MATERIAL PROVIDED:
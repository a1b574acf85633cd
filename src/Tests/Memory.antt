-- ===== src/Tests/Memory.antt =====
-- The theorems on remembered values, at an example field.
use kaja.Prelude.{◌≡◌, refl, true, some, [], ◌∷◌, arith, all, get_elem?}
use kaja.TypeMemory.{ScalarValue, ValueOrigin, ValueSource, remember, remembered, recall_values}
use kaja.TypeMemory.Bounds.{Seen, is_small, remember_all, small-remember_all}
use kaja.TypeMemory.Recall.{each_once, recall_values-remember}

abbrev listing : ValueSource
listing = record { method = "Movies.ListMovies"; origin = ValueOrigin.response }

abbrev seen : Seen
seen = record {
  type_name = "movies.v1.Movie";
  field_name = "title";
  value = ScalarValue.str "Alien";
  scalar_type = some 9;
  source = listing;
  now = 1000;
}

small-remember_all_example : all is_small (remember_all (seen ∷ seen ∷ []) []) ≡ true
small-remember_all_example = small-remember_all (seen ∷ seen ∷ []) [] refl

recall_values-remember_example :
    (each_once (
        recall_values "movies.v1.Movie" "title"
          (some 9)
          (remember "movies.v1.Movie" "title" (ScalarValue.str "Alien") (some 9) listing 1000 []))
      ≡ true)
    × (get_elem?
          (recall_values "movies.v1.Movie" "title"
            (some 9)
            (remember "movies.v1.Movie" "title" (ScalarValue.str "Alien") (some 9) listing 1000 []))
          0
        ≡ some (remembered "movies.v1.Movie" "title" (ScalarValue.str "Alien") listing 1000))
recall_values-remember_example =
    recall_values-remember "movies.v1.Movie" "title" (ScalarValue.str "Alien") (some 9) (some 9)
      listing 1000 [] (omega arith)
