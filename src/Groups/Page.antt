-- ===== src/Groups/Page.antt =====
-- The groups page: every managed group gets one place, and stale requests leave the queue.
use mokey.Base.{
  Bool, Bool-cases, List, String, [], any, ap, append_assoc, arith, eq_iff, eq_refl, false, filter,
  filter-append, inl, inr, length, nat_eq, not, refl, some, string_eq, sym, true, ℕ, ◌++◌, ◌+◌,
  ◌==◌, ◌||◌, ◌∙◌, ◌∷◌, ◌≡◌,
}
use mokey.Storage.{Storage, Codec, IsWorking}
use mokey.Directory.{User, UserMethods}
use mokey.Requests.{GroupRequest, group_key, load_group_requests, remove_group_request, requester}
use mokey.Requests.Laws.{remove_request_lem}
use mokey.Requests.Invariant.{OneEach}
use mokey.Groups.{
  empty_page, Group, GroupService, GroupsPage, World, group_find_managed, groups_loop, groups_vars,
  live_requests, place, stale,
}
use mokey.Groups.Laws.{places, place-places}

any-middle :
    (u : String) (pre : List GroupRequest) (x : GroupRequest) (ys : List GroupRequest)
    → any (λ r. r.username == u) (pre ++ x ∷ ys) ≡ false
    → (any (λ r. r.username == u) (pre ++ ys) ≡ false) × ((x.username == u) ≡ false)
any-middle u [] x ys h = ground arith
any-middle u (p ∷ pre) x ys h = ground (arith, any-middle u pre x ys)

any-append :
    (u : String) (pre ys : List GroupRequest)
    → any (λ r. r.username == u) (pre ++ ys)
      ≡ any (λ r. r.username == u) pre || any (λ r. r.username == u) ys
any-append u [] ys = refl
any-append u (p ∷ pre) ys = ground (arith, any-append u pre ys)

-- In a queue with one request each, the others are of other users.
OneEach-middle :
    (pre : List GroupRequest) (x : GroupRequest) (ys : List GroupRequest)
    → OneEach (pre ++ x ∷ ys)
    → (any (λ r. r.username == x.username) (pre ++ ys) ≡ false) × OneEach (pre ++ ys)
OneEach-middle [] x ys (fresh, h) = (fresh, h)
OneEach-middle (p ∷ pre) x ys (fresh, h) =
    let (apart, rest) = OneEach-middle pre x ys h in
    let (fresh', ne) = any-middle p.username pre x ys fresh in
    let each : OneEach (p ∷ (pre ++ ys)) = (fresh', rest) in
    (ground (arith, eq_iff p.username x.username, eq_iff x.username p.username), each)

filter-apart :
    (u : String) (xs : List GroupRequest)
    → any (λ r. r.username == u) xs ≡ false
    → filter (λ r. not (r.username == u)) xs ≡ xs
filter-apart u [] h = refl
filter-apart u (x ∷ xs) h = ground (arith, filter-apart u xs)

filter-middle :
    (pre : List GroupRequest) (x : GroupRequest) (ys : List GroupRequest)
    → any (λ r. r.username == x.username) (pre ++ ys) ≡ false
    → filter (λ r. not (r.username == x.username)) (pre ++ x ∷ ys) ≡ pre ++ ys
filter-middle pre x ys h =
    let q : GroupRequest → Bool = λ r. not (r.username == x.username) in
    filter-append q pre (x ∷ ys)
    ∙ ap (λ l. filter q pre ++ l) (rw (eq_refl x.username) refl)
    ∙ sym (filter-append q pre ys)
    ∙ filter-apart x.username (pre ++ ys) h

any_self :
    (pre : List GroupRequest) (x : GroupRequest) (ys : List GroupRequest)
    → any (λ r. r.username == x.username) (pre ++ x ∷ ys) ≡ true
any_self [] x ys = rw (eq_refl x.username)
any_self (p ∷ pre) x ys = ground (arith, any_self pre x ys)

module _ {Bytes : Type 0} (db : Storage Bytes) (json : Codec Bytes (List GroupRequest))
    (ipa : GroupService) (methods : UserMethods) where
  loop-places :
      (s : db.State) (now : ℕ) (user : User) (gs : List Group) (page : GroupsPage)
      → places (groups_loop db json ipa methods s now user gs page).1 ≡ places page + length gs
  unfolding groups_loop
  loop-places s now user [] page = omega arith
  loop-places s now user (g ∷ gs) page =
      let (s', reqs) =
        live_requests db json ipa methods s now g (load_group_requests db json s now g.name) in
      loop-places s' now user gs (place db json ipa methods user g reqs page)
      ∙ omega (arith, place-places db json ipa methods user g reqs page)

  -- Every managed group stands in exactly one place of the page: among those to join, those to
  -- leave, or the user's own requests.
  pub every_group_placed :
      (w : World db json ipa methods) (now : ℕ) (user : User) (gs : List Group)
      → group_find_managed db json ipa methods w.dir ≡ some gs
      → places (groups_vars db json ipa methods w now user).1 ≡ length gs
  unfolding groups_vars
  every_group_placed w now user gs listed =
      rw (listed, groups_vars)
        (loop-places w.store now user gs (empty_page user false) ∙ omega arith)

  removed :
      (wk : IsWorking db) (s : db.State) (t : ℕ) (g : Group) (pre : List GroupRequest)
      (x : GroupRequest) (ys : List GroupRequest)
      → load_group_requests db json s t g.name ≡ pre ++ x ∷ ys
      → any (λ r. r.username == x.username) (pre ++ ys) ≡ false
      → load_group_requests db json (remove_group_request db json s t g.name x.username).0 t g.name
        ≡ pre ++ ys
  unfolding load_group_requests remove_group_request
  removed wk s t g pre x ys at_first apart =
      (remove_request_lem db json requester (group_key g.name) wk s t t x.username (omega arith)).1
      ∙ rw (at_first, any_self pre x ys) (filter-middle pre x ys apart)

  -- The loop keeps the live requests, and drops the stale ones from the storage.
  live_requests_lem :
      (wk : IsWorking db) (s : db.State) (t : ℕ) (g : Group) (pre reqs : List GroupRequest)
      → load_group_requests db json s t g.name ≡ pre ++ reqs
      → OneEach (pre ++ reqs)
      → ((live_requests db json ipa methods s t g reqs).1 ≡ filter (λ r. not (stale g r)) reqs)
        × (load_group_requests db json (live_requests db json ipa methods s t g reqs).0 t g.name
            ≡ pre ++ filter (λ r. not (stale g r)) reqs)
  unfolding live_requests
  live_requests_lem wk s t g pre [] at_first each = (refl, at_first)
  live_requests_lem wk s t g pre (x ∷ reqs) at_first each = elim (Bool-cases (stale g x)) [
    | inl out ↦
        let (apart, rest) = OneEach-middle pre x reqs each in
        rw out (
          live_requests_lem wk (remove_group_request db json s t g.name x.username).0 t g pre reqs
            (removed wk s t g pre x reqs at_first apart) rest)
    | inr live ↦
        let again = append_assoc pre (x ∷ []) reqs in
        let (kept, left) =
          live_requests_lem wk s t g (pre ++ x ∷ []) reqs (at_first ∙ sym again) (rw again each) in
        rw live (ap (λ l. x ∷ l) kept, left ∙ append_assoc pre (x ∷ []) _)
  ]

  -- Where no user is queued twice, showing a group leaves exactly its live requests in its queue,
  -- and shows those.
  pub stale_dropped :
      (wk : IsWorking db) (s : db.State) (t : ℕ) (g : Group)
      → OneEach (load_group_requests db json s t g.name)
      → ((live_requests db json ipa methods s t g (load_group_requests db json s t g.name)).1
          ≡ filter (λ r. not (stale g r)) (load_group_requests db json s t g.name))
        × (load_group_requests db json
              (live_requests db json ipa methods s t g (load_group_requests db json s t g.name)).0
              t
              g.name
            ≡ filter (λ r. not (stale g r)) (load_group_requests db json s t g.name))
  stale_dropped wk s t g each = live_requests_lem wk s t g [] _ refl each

--

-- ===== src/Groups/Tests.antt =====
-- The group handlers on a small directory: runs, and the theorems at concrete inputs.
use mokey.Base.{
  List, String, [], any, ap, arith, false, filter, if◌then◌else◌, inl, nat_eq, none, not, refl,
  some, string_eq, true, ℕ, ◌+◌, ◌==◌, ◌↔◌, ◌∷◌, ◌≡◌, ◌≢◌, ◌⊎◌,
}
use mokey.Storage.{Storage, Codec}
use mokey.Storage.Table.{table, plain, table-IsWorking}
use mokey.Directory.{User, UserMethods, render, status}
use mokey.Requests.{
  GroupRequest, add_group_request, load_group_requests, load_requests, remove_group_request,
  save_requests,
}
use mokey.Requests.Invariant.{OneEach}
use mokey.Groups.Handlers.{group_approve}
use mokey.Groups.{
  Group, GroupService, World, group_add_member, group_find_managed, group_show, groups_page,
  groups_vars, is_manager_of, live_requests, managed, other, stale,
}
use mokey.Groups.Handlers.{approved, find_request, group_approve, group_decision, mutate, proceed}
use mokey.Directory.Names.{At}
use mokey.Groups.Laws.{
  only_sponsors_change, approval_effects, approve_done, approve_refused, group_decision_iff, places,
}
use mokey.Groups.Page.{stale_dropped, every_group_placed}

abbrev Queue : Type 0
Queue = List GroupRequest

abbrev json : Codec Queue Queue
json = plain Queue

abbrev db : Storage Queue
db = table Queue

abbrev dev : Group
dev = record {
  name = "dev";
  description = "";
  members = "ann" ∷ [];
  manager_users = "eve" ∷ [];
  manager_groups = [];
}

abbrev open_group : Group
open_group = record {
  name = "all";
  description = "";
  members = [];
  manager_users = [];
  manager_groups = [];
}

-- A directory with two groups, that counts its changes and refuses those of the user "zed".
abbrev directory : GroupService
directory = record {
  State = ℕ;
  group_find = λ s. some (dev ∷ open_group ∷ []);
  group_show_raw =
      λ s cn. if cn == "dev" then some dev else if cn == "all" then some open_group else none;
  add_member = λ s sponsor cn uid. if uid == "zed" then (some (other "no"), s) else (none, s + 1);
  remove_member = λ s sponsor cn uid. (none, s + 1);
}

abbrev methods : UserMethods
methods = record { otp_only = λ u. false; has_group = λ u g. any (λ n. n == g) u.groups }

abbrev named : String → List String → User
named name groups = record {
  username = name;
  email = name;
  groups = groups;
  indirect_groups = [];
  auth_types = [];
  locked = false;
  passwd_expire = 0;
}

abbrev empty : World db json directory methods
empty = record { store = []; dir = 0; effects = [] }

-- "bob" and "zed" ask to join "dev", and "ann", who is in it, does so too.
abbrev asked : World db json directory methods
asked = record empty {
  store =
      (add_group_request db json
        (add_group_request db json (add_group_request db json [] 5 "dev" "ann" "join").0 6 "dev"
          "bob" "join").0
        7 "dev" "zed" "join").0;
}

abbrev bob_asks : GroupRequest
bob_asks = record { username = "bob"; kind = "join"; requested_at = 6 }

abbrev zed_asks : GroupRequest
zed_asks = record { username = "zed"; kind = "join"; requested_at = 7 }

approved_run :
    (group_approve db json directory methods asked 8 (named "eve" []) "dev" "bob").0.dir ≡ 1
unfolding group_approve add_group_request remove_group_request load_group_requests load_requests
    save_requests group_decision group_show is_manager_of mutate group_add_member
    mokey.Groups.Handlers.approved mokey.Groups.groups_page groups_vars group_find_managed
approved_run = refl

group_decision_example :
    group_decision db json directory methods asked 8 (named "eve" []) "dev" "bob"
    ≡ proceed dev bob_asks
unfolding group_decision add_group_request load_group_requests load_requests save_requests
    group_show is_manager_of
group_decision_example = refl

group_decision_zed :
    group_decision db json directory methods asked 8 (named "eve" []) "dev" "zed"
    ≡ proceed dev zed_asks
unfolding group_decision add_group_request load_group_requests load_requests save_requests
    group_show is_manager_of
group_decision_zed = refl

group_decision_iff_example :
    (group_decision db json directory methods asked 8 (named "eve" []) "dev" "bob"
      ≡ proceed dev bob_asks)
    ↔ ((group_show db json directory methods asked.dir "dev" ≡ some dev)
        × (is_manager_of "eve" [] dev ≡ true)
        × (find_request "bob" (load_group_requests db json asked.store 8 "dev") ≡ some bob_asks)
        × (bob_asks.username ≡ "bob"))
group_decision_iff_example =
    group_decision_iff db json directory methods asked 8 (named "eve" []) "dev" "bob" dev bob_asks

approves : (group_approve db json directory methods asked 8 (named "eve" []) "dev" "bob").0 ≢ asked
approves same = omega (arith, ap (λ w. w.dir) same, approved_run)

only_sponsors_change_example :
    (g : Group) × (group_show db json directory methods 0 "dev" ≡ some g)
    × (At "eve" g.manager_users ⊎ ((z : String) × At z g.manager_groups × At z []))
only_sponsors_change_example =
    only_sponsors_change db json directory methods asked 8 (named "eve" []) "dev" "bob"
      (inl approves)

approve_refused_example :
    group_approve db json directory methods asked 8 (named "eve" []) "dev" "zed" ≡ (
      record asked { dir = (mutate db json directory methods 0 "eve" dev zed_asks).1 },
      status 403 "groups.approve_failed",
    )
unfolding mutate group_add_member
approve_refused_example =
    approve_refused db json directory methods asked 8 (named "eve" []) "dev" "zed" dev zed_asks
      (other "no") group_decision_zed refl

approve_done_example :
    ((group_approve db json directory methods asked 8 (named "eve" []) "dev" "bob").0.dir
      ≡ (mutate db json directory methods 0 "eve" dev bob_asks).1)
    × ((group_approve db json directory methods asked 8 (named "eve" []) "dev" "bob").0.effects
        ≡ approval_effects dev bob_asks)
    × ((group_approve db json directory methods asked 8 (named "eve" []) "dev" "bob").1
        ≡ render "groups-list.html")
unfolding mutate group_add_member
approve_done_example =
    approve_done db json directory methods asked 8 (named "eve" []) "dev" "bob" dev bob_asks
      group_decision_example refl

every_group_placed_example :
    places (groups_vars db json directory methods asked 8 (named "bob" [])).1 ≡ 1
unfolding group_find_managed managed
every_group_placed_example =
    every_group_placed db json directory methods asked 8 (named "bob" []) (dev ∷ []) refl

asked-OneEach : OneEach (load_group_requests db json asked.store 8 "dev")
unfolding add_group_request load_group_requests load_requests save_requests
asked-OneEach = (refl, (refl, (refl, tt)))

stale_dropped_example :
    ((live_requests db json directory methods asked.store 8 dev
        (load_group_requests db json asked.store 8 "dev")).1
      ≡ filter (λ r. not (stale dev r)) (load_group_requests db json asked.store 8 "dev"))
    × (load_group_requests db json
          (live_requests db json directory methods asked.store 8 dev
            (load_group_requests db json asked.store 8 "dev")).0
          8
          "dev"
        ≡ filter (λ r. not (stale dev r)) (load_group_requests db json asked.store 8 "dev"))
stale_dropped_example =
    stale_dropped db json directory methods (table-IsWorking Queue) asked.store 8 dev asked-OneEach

WORK ITEM: Take the lines above from the one containing "value = ScalarValue.str" to the one containing "any-middle u (p" and retype them exactly, both ends included, with nothing added.

ANSWER TO THIS PROBLEM:
  value = ScalarValue.str "Alien";
  scalar_type = some 9;
  source = listing;
  now = 1000;
}

small-remember_all_example : all is_small (remember_all (seen ∷ seen ∷ []) []) ≡ true
small-remember_all_example = small-remember_all (seen ∷ seen ∷ []) [] refl

recall_values-remember_example :
    (each_once (
        recall_values "movies.v1.Movie" "title"
          (some 9)
          (remember "movies.v1.Movie" "title" (ScalarValue.str "Alien") (some 9) listing 1000 []))
      ≡ true)
    × (get_elem?
          (recall_values "movies.v1.Movie" "title"
            (some 9)
            (remember "movies.v1.Movie" "title" (ScalarValue.str "Alien") (some 9) listing 1000 []))
          0
        ≡ some (remembered "movies.v1.Movie" "title" (ScalarValue.str "Alien") listing 1000))
recall_values-remember_example =
    recall_values-remember "movies.v1.Movie" "title" (ScalarValue.str "Alien") (some 9) (some 9)
      listing 1000 [] (omega arith)
filename src/Groups/Page.antt
-- ===== src/Groups/Page.antt =====
-- The groups page: every managed group gets one place, and stale requests leave the queue.
use mokey.Base.{
  Bool, Bool-cases, List, String, [], any, ap, append_assoc, arith, eq_iff, eq_refl, false, filter,
  filter-append, inl, inr, length, nat_eq, not, refl, some, string_eq, sym, true, ℕ, ◌++◌, ◌+◌,
  ◌==◌, ◌||◌, ◌∙◌, ◌∷◌, ◌≡◌,
}
use mokey.Storage.{Storage, Codec, IsWorking}
use mokey.Directory.{User, UserMethods}
use mokey.Requests.{GroupRequest, group_key, load_group_requests, remove_group_request, requester}
use mokey.Requests.Laws.{remove_request_lem}
use mokey.Requests.Invariant.{OneEach}
use mokey.Groups.{
  empty_page, Group, GroupService, GroupsPage, World, group_find_managed, groups_loop, groups_vars,
  live_requests, place, stale,
}
use mokey.Groups.Laws.{places, place-places}

any-middle :
    (u : String) (pre : List GroupRequest) (x : GroupRequest) (ys : List GroupRequest)
    → any (λ r. r.username == u) (pre ++ x ∷ ys) ≡ false
    → (any (λ r. r.username == u) (pre ++ ys) ≡ false) × ((x.username == u) ≡ false)
any-middle u [] x ys h = ground arith
any-middle u (p ∷ pre) x ys h = ground (arith, any-middle u pre x ys)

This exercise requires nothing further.